Since the present experimental design did not involve a separate acquisition phase for learning the action effects without the presence of the imperative auditory stimuli, it is in principle possible that the central presentation of the saccade effect preactivated the saccade either directly (via saccade–effect associations), or indirectly (via tone–effect associations, which then preactivate the corresponding saccade). However, previous studies already presented evidence for the existence of direct action–effect associations for manual actions with auditory effects (Elsner & Hommel, 2001), but also for oculomotor actions with visual effects (Herwig & Horstmann, 2011; see below), strongly suggesting that our present results were also based on direct action–effect associations.

Another alternative explanation of the congruency effect in Experiment 1 could be that due to the continuous presentation of the saccade targets, a congruent central visual stimulus yields perceptual grouping with the same object in the periphery (due to Gestalt factors), subsequently triggering an attention shift toward the respective hemifield. However, the experimental procedure in Experiment 2 effectively ruled out this explanation, and despite an overall RT increase (probably due to disruptive effects of the display change), the overall result pattern was identical. Thus, while Experiment 1 showed that (anticipated) action effects affect saccade control under natural conditions (e.g., without changes of the saccade target), Experiment 2 ruled out a perceptual grouping explanation.

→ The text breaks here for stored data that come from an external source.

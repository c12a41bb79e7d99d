-- ===== src/Adapters/PaymentMock.antt =====
-- app/adapters/payment_mock.py. Both fields of the provider are its state: the dict of results as the
-- list of its entries in insertion order.
pub mod Idempotent
use Prim.Native.String.{◌++◌ as str_append, ◌∷◌ as ◌∷ₛ◌, [] as empty, count}
use Prim.Native.Char.{code}
use canals_assessment.Prelude.{
  ℕ, zero, suc, ◌-◌, String, Bool, ◌||◌, Option, none, some, List, [], ◌∷◌, ◌++◌, str_eq, ◌==◌,
  head?, map, if◌then◌else◌,
}
use canals_assessment.Domain.Values.{PaymentResult, PaymentOutcome}
use canals_assessment.Sql.{select_rows}
use canals_assessment.Services.Checkout.{Charge}

-- `s.replace(" ", "").replace("-", "")`
abbrev pub plain : String → String
plain empty = empty
plain (c ∷ₛ s) = let rest = plain s in if (code c == 32) || (code c == 45) then rest else c ∷ₛ rest

-- `s[:n]`
abbrev pub take_text : ℕ → String → String
take_text zero s = empty
take_text (suc n) empty = empty
take_text (suc n) (c ∷ₛ s) = c ∷ₛ take_text n s

abbrev pub drop_text : ℕ → String → String
drop_text zero s = s
drop_text (suc n) empty = empty
drop_text (suc n) (c ∷ₛ s) = drop_text n s

-- `s[-4:]`
abbrev pub last4 : String → String
last4 s = drop_text (count s - 4) s

abbrev pub is_mastercard : String → Bool
is_mastercard p =
    str_eq p "51" || (str_eq p "52" || (str_eq p "53" || (str_eq p "54" || str_eq p "55")))

-- `_brand`
unfoldable pub brand : String → String
brand digits =
    if str_eq (take_text 1 digits) "4"
    then "visa"
    else if is_mastercard (take_text 2 digits)
    then "mastercard"
    else if str_eq (take_text 2 digits) "34" || str_eq (take_text 2 digits) "37"
    then "amex"
    else "unknown"

pub record MockPaymentProvider : Type 0 where
  pub charged_keys : List String
  pub results : List (String × PaymentResult)

abbrev pub has_result : String → String × PaymentResult → Bool
has_result key e = str_eq e.0 key

-- `self._results.get(…)`, which is also `get_by_idempotency_key`.
unfoldable pub get_by_idempotency_key : MockPaymentProvider → String → Option PaymentResult
get_by_idempotency_key self key = head? (map (λ e. e.1) (select_rows (has_result key) self.results))

abbrev pub refusal : PaymentOutcome → String → String → PaymentResult
refusal outcome reason digits = record {
  outcome = outcome;
  reference = none;
  failure_reason = some reason;
  card_brand = some (brand digits);
  card_last4 = some (last4 digits);
}

-- What the card's last four digits make of a charge.
unfoldable pub outcome_of : String → String → PaymentResult
outcome_of digits key =
    if str_eq (last4 digits) "0002"
    then refusal PaymentOutcome.declined "card declined" digits
    else if str_eq (last4 digits) "0069"
    then refusal PaymentOutcome.unknown "provider timeout" digits
    else if str_eq (last4 digits) "0119"
    then refusal PaymentOutcome.unknown "provider error" digits
    else record {
      outcome = PaymentOutcome.succeeded;
      reference = some (str_append "mock_" (take_text 12 key));
      failure_reason = none;
      card_brand = some (brand digits);
      card_last4 = some (last4 digits);
    }

-- A key without a result is charged, and its result recorded.
unfoldable pub charged :
    MockPaymentProvider → Charge → Option PaymentResult → PaymentResult × MockPaymentProvider
charged self c (some result) = (result, self)
charged self c none =
    let result = outcome_of (plain c.card) c.idempotency_key in
    (
      result,
      record {
        charged_keys = self.charged_keys ++ c.idempotency_key ∷ [];
        results = self.results ++ (c.idempotency_key, result) ∷ [];
      },
    )

unfoldable pub charge : MockPaymentProvider → Charge → PaymentResult × MockPaymentProvider
unfolding charged get_by_idempotency_key
charge self c = charged self c (get_by_idempotency_key self c.idempotency_key)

As was mentioned above, around the time of the present study, another research group reported evidence for action–effect associations in saccade control when the action effects consisted of changes in facial expression (Herwig & Horstmann, 2011), instead of abstract geometrical stimuli. Interestingly, some aspects of their data even suggested that action effects were activated endogenously—that is, without the need for external imperative stimulation. On the one hand, this study further underlines the credibility of the present effects. On the other hand, our present findings extend these data by indicating that saccade control is generally affected by action effect representations, irrespective of the specific stimulus type. Additionally, Herwig and Horstmann used a design in which the effects appeared 100 ms after saccade execution, so that the action effects were not identical with the targets of each saccade. In contrast, our present findings appear to have strong implications for saccade control in general, since we found evidence that internal representations of action effects play a quite fundamental role in guiding each saccade to its target.